**Try it**: Pull out each line of the data that includes the word "often".

**Given records**:
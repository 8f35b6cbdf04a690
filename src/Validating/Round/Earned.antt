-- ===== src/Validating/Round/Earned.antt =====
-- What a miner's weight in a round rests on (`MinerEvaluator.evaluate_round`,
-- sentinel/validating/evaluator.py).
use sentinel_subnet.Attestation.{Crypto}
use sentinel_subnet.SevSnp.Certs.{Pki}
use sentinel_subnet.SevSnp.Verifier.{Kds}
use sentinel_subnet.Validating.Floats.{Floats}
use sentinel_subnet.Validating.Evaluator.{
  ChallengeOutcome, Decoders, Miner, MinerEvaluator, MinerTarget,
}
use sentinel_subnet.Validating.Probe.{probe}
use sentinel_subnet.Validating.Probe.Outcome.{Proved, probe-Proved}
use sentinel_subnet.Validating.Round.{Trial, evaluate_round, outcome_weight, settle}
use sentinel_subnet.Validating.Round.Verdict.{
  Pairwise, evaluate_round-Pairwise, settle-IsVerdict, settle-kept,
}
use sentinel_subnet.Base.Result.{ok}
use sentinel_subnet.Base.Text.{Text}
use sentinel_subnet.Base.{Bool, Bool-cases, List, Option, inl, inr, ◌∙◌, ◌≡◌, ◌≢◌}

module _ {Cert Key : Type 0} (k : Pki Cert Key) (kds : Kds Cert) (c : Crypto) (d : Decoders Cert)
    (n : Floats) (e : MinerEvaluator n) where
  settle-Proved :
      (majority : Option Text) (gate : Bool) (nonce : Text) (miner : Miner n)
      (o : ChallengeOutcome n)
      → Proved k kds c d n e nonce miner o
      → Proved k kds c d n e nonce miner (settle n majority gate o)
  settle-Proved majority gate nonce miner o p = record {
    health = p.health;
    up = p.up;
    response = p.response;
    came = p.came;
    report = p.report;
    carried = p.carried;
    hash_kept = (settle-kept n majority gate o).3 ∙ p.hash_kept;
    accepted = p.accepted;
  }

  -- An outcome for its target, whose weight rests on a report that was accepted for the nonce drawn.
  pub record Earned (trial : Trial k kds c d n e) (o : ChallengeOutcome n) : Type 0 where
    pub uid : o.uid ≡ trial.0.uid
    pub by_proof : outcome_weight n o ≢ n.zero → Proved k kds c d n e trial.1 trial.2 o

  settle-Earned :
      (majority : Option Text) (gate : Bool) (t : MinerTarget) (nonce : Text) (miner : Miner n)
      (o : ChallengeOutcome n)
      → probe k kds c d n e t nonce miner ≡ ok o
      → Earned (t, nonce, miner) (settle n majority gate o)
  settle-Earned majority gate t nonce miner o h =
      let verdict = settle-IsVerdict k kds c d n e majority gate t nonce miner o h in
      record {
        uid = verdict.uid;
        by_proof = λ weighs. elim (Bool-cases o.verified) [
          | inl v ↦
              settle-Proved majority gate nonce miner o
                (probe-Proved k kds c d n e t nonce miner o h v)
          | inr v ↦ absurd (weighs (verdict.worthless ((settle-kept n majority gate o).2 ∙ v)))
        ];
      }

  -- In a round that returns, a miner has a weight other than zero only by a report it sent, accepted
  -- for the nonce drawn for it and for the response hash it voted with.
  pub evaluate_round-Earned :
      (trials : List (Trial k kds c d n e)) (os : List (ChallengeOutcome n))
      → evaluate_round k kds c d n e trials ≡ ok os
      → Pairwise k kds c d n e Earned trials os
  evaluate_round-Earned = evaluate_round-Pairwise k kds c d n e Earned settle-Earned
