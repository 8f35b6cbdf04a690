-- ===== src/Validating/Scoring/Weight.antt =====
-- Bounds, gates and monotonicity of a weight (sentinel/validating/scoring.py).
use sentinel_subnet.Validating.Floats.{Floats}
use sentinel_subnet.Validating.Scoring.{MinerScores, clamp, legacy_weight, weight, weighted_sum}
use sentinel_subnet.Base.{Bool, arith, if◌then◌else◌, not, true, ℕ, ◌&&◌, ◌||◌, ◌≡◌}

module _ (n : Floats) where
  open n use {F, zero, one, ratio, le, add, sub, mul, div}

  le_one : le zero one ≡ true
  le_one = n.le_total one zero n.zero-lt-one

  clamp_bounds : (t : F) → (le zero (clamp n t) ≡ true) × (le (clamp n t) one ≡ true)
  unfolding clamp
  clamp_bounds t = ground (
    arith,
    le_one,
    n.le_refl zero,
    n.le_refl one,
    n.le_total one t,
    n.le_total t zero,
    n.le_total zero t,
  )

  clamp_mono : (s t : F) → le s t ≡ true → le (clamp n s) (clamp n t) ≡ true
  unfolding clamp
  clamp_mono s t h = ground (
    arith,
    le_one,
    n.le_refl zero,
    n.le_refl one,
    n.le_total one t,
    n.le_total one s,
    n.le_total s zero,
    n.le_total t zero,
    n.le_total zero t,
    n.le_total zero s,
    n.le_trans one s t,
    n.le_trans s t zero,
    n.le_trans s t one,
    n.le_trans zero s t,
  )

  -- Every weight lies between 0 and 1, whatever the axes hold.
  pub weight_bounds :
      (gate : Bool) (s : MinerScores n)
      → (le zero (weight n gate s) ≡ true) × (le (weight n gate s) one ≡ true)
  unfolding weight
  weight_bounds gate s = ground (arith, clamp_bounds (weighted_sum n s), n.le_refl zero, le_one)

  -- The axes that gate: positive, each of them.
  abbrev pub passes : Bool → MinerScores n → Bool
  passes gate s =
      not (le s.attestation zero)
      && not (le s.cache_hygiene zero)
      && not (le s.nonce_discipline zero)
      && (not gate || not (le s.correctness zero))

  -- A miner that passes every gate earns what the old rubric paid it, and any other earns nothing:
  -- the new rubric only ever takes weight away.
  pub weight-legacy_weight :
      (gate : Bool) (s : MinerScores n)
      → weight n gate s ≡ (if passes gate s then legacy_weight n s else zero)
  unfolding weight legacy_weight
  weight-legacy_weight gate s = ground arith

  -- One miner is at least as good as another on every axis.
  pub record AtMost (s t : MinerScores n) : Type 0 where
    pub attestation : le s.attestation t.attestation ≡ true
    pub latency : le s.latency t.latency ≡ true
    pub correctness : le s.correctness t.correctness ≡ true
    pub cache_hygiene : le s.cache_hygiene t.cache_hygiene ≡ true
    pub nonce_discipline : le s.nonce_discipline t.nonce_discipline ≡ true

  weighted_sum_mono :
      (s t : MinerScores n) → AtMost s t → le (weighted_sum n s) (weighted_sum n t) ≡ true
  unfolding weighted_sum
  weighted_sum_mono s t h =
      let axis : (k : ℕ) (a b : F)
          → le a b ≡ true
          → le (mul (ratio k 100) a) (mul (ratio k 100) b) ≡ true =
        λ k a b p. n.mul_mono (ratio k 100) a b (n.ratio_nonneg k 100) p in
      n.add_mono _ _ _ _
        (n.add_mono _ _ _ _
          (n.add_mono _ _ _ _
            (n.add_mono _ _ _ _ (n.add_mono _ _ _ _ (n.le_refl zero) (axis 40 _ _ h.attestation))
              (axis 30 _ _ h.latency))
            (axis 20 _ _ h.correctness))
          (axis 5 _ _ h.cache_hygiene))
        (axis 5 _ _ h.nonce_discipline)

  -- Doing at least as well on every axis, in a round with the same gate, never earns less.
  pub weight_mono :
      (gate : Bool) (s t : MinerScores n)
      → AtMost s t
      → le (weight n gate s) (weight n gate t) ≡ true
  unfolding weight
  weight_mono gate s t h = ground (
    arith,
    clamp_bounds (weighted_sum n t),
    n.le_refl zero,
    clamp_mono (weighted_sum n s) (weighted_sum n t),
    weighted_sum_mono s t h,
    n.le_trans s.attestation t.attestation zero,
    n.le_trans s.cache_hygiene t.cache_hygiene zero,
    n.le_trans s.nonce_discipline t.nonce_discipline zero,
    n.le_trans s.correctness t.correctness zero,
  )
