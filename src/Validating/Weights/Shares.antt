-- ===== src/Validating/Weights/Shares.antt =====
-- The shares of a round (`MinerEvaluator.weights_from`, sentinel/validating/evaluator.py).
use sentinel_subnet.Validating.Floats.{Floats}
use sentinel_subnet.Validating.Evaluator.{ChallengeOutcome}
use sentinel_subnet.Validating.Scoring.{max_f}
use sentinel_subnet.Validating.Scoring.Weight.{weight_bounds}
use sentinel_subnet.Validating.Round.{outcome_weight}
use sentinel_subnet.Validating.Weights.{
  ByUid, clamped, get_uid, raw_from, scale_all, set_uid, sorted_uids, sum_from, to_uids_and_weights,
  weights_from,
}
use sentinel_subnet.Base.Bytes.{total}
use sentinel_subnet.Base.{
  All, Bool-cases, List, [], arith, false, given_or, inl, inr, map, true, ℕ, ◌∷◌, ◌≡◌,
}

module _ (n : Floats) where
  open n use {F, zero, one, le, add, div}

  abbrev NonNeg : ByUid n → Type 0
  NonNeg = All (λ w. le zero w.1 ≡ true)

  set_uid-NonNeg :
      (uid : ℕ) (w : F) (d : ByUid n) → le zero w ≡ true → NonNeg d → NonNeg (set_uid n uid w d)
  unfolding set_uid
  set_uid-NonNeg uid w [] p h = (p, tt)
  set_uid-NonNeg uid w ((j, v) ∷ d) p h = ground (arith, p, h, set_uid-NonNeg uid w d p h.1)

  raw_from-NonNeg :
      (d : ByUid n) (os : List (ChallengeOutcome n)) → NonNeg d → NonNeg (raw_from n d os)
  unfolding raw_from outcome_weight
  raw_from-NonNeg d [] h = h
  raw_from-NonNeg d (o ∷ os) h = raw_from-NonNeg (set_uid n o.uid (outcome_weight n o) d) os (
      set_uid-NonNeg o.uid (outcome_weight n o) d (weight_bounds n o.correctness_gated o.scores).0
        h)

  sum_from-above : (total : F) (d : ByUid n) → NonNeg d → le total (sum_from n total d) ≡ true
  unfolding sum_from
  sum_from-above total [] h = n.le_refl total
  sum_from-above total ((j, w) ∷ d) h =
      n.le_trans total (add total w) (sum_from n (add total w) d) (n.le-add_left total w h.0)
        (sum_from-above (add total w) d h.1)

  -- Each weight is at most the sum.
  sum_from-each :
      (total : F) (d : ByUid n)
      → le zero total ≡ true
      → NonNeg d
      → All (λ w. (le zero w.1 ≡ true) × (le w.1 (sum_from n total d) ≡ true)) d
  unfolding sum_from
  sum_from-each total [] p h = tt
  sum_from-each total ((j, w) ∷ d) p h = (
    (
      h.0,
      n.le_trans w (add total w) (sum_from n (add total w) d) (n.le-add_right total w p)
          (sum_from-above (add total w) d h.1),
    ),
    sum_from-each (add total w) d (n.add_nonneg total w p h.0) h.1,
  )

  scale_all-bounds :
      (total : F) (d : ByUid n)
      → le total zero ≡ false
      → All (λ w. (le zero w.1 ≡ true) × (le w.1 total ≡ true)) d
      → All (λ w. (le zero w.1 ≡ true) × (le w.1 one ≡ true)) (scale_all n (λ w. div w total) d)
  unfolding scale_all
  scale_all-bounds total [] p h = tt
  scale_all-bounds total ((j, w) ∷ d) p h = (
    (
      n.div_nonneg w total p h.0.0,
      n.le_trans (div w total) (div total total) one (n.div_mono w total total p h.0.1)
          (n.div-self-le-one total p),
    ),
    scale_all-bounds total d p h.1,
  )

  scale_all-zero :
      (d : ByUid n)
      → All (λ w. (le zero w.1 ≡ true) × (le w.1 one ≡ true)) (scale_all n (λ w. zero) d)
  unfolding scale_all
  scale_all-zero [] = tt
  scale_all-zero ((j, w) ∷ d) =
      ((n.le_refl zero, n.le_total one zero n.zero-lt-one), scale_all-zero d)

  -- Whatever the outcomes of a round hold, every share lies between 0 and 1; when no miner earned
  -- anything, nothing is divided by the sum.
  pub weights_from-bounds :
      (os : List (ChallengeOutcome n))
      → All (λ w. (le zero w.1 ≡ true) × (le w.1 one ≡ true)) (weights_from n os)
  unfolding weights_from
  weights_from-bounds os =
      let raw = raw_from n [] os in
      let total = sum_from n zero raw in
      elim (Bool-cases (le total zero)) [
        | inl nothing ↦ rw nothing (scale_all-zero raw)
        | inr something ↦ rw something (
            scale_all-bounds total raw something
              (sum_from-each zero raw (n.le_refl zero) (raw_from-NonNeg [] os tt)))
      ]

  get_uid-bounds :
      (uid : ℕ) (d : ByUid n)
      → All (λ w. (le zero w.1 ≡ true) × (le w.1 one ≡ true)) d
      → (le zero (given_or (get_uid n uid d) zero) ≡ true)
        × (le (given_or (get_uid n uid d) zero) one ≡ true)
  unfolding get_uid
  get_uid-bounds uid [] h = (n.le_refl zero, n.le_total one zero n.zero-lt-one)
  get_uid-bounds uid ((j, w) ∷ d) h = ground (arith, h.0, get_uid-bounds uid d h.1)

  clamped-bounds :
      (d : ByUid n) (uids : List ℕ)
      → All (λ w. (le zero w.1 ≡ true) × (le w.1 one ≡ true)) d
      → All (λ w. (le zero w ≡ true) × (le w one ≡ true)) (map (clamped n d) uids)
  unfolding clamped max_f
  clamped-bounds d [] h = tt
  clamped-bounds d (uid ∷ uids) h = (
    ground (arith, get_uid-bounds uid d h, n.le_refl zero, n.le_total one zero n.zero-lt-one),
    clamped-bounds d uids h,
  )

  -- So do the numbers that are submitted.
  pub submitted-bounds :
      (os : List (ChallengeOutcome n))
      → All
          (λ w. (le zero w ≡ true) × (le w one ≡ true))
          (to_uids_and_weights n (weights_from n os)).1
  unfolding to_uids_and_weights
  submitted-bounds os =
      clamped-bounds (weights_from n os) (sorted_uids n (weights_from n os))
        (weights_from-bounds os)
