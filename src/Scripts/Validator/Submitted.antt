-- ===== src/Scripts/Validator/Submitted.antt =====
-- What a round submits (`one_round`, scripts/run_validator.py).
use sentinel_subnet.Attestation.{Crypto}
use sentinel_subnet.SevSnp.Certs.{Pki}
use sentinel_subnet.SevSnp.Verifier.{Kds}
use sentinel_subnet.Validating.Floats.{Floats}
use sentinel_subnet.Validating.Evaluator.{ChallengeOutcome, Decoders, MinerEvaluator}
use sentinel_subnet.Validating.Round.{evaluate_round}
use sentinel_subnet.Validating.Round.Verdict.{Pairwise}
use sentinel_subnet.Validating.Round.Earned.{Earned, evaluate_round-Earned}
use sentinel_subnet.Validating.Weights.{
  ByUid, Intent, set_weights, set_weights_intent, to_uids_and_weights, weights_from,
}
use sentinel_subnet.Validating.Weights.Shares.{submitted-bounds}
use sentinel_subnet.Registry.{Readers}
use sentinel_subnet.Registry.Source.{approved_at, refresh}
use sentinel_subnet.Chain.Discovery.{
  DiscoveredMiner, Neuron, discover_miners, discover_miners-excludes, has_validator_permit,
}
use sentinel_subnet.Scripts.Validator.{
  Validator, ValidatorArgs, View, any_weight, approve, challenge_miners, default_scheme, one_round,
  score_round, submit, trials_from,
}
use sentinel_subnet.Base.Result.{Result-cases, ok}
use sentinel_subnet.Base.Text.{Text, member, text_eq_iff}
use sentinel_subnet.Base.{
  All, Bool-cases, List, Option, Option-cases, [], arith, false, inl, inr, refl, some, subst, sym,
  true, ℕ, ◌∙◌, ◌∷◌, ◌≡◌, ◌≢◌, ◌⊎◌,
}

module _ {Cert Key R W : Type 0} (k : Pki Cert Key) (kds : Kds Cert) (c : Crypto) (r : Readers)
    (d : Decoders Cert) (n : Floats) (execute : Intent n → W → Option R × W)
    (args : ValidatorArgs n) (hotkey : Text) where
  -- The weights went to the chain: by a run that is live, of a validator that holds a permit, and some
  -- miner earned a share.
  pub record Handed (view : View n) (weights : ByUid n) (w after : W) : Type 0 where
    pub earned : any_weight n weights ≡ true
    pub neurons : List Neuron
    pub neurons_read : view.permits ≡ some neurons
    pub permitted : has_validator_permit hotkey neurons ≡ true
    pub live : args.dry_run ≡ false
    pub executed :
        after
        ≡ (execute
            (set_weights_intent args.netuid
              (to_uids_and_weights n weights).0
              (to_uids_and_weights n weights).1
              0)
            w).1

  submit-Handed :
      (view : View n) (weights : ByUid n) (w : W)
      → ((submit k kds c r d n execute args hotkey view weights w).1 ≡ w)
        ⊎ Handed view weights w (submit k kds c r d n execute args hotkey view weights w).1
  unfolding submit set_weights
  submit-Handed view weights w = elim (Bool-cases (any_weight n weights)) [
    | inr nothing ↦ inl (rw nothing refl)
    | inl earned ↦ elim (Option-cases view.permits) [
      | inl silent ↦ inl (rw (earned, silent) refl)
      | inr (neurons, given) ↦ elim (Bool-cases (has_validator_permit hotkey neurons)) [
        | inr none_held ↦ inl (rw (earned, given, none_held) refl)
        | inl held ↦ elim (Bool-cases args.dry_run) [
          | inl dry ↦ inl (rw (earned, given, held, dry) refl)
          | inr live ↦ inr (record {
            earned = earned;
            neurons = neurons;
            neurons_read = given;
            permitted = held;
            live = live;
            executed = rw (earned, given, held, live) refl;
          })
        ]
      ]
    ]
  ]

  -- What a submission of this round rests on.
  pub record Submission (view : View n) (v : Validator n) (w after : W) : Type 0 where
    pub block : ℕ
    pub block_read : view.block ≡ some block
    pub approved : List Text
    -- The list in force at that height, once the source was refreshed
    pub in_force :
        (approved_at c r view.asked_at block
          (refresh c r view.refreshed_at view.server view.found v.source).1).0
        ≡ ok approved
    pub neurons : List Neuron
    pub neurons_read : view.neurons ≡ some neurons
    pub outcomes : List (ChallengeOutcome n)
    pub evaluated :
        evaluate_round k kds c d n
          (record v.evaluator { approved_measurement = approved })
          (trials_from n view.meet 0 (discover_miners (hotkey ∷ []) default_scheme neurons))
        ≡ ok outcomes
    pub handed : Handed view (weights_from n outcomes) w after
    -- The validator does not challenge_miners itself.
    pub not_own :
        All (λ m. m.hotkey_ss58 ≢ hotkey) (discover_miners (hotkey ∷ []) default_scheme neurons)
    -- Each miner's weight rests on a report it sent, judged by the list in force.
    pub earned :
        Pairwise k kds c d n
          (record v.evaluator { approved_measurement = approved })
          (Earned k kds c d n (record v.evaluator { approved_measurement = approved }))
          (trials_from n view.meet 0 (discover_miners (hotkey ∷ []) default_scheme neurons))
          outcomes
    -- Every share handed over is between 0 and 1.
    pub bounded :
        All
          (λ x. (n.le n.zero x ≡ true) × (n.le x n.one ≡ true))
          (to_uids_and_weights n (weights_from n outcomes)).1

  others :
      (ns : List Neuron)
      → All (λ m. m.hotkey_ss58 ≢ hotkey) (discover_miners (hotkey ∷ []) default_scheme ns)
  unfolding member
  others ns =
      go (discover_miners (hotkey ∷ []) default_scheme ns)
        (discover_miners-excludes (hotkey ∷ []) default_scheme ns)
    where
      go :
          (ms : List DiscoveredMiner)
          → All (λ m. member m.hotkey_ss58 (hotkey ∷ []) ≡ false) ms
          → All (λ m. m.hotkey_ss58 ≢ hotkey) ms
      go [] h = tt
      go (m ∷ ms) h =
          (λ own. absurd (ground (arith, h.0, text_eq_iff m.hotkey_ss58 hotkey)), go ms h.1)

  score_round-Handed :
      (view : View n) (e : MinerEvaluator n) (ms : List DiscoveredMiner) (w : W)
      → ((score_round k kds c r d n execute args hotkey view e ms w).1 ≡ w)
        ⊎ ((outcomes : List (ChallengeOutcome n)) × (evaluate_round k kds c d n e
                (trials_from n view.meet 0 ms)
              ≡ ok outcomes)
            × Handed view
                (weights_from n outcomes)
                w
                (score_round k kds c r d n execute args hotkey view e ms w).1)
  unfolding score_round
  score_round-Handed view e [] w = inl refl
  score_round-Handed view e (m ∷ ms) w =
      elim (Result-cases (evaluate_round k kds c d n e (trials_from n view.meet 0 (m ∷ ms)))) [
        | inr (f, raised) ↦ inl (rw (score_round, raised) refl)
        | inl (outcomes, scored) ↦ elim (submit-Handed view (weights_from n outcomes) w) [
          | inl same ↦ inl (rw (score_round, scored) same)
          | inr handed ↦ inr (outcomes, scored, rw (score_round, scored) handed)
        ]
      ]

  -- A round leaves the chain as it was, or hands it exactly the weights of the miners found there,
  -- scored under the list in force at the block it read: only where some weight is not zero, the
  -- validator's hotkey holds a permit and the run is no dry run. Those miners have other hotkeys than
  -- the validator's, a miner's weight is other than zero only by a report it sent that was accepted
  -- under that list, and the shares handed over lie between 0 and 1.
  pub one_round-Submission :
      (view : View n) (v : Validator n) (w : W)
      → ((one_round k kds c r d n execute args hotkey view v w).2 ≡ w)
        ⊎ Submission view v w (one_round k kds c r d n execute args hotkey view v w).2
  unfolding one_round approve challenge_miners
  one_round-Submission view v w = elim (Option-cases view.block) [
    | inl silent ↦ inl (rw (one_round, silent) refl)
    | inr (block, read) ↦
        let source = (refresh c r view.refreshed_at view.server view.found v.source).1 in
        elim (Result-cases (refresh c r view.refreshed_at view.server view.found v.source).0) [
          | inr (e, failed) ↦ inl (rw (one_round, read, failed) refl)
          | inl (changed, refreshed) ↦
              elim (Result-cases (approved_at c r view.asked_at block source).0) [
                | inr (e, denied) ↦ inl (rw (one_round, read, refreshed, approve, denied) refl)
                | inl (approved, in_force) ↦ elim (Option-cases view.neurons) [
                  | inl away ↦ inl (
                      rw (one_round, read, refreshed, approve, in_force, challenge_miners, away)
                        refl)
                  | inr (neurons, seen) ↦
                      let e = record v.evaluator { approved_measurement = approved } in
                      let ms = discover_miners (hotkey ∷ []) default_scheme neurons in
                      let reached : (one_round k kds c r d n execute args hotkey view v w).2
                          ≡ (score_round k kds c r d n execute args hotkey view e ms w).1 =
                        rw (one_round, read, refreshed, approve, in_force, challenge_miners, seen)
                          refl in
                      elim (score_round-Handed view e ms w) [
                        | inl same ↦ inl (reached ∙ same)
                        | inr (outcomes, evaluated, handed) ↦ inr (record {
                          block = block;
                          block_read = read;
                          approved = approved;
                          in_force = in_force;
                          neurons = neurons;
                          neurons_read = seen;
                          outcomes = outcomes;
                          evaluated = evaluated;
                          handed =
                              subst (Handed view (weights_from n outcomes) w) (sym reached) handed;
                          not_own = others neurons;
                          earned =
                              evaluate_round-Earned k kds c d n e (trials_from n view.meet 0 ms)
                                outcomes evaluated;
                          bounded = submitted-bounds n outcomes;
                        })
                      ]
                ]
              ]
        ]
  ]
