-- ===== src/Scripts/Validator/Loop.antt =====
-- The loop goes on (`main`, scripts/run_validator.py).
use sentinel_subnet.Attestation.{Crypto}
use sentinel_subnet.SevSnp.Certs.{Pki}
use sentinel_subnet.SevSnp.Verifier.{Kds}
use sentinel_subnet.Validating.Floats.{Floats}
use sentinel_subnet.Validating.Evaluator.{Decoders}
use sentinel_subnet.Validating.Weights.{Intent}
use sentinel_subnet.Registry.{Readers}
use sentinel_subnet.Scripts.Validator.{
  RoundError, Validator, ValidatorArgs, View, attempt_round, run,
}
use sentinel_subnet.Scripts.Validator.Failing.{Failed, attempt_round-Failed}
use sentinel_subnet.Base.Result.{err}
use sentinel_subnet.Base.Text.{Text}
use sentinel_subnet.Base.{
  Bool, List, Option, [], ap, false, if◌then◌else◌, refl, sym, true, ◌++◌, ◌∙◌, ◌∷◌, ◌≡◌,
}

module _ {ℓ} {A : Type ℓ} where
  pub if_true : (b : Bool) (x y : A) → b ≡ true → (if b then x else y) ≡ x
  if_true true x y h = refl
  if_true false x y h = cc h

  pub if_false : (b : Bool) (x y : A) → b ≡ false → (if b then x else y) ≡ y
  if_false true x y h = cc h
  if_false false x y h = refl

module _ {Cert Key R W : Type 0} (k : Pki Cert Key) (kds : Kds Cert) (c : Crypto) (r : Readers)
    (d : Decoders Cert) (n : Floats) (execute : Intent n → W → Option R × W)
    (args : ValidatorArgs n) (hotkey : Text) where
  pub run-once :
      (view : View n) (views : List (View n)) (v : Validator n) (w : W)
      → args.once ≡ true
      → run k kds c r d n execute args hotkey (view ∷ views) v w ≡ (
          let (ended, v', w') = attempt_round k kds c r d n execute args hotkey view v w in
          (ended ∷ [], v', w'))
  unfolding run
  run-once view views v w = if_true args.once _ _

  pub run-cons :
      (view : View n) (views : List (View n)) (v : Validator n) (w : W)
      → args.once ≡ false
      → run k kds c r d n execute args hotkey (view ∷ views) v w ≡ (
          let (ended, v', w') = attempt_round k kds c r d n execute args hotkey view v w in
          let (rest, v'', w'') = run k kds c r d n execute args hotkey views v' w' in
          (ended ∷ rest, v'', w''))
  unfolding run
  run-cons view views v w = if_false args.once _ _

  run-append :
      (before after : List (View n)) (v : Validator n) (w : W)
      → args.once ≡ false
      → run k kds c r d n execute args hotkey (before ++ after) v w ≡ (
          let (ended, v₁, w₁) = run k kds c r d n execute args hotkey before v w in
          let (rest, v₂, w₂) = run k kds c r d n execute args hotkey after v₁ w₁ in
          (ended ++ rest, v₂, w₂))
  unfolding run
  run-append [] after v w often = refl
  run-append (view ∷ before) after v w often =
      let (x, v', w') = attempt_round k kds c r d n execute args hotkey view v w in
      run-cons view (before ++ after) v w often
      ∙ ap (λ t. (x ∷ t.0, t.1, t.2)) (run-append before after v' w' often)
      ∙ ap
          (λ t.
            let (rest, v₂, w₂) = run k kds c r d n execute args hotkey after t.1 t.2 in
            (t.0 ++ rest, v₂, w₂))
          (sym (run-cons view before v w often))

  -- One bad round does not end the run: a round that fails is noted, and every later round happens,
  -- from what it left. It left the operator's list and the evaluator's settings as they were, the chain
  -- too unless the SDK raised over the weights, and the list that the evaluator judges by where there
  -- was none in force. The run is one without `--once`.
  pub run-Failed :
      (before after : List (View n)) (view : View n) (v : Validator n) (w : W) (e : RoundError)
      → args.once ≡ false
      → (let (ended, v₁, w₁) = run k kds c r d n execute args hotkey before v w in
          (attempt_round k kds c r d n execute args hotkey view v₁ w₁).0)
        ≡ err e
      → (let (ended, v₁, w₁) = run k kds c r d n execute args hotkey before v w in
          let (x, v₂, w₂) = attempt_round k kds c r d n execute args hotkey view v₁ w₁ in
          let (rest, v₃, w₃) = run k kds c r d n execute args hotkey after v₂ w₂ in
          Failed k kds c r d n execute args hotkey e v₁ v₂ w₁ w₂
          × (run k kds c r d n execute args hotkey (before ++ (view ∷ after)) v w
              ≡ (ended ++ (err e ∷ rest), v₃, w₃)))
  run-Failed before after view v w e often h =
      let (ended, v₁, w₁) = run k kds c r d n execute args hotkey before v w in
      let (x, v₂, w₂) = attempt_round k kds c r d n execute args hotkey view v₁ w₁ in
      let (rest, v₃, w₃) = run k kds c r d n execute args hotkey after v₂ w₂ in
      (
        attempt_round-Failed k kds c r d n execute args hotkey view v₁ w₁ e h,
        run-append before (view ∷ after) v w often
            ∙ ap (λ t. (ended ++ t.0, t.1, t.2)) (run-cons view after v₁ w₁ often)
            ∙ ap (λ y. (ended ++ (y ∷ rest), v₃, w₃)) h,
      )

**Expected answer**:
  run-append [] after v w often = refl
  run-append (view ∷ before) after v w often =
      run-cons view (before ++ after) v w often
      ∙ ap (λ t. (x ∷ t.0, t.1, t.2)) (run-append before after v' w' often)
          (sym (run-cons view before v w often))
  run-Failed before after view v w e often h =
        run-append before (view ∷ after) v w often
            ∙ ap (λ t. (ended ++ t.0, t.1, t.2)) (run-cons view after v₁ w₁ often)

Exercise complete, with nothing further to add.